Assignment = Without adding or dropping anything, copy the entries below.

(Collected data entries)
------------------------------------------------------------------------

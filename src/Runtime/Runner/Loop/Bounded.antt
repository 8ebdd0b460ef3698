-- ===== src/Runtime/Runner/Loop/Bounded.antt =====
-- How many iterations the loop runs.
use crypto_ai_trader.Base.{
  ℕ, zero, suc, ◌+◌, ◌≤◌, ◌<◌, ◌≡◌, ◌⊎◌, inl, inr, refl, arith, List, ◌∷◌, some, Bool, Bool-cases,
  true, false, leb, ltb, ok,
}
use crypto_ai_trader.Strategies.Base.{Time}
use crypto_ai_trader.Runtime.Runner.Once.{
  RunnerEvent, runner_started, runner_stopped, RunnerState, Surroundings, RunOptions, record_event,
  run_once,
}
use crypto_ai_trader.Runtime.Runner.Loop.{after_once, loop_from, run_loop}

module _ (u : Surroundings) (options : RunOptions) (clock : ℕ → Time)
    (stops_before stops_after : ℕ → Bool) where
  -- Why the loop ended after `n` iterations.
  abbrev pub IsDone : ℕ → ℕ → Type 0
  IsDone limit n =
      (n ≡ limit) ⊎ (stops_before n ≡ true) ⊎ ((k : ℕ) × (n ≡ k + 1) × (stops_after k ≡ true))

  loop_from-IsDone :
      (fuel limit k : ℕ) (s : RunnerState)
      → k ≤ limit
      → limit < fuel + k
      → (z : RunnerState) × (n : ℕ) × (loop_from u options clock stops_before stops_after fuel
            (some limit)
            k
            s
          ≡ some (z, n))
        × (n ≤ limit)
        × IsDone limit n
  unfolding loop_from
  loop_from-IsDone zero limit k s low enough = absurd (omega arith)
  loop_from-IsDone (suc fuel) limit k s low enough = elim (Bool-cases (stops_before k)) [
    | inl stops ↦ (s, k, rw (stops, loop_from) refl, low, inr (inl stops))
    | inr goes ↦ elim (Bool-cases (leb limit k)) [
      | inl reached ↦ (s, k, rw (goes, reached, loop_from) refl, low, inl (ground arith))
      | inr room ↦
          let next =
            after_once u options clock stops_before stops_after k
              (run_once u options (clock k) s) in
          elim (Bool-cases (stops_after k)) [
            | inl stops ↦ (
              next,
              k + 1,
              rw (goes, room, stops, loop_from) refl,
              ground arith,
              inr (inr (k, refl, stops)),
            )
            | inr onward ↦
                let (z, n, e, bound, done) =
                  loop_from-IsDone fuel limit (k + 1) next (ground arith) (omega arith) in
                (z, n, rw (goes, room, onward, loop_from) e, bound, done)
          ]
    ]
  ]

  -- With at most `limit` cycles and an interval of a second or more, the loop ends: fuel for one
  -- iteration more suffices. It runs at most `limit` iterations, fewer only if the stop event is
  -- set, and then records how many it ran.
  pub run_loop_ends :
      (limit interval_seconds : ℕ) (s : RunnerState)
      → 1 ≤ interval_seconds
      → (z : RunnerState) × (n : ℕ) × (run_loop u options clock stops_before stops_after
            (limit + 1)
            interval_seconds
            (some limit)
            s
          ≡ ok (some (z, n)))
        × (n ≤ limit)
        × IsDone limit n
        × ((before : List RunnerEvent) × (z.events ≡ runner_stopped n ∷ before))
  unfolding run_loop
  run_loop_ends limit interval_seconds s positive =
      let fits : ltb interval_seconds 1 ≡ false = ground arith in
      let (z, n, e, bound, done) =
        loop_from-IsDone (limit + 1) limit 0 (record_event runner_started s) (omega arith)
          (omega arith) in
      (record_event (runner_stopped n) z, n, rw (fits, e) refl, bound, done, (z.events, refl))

------------------------------------------------------------------------

Output of the task =
filename src/Runtime/Runner/Loop/Bounded.antt
repository 8ebdd0b460ef3698
-- ===== src/Runtime/Runner/Loop/Bounded.antt =====
-- How many iterations the loop runs.
use crypto_ai_trader.Base.{
  ℕ, zero, suc, ◌+◌, ◌≤◌, ◌<◌, ◌≡◌, ◌⊎◌, inl, inr, refl, arith, List, ◌∷◌, some, Bool, Bool-cases,
  true, false, leb, ltb, ok,
}
use crypto_ai_trader.Strategies.Base.{Time}
use crypto_ai_trader.Runtime.Runner.Once.{
  RunnerEvent, runner_started, runner_stopped, RunnerState, Surroundings, RunOptions, record_event,
  run_once,
}
use crypto_ai_trader.Runtime.Runner.Loop.{after_once, loop_from, run_loop}

module _ (u : Surroundings) (options : RunOptions) (clock : ℕ → Time)
    (stops_before stops_after : ℕ → Bool) where
  -- Why the loop ended after `n` iterations.
  abbrev pub IsDone : ℕ → ℕ → Type 0
  IsDone limit n =
      (n ≡ limit) ⊎ (stops_before n ≡ true) ⊎ ((k : ℕ) × (n ≡ k + 1) × (stops_after k ≡ true))

  loop_from-IsDone :
      (fuel limit k : ℕ) (s : RunnerState)
      → k ≤ limit
      → limit < fuel + k
      → (z : RunnerState) × (n : ℕ) × (loop_from u options clock stops_before stops_after fuel
            (some limit)
            k
            s
          ≡ some (z, n))
        × (n ≤ limit)
        × IsDone limit n
  unfolding loop_from
  loop_from-IsDone zero limit k s low enough = absurd (omega arith)
  loop_from-IsDone (suc fuel) limit k s low enough = elim (Bool-cases (stops_before k)) [
    | inl stops ↦ (s, k, rw (stops, loop_from) refl, low, inr (inl stops))
    | inr goes ↦ elim (Bool-cases (leb limit k)) [
      | inl reached ↦ (s, k, rw (goes, reached, loop_from) refl, low, inl (ground arith))
      | inr room ↦
          let next =
            after_once u options clock stops_before stops_after k
              (run_once u options (clock k) s) in
          elim (Bool-cases (stops_after k)) [
            | inl stops ↦ (
              next,
              k + 1,
              rw (goes, room, stops, loop_from) refl,
              ground arith,
              inr (inr (k, refl, stops)),
            )
            | inr onward ↦
                let (z, n, e, bound, done) =
                  loop_from-IsDone fuel limit (k + 1) next (ground arith) (omega arith) in
                (z, n, rw (goes, room, onward, loop_from) e, bound, done)
          ]
    ]
  ]

  -- With at most `limit` cycles and an interval of a second or more, the loop ends: fuel for one
  -- iteration more suffices. It runs at most `limit` iterations, fewer only if the stop event is
  -- set, and then records how many it ran.
  pub run_loop_ends :
      (limit interval_seconds : ℕ) (s : RunnerState)
      → 1 ≤ interval_seconds
      → (z : RunnerState) × (n : ℕ) × (run_loop u options clock stops_before stops_after
            (limit + 1)
            interval_seconds
            (some limit)
            s
          ≡ ok (some (z, n)))
        × (n ≤ limit)
        × IsDone limit n
        × ((before : List RunnerEvent) × (z.events ≡ runner_stopped n ∷ before))
  unfolding run_loop
  run_loop_ends limit interval_seconds s positive =
      let fits : ltb interval_seconds 1 ≡ false = ground arith in
      let (z, n, e, bound, done) =
        loop_from-IsDone (limit + 1) limit 0 (record_event runner_started s) (omega arith)
          (omega arith) in
      (record_event (runner_stopped n) z, n, rw (fits, e) refl, bound, done, (z.events, refl))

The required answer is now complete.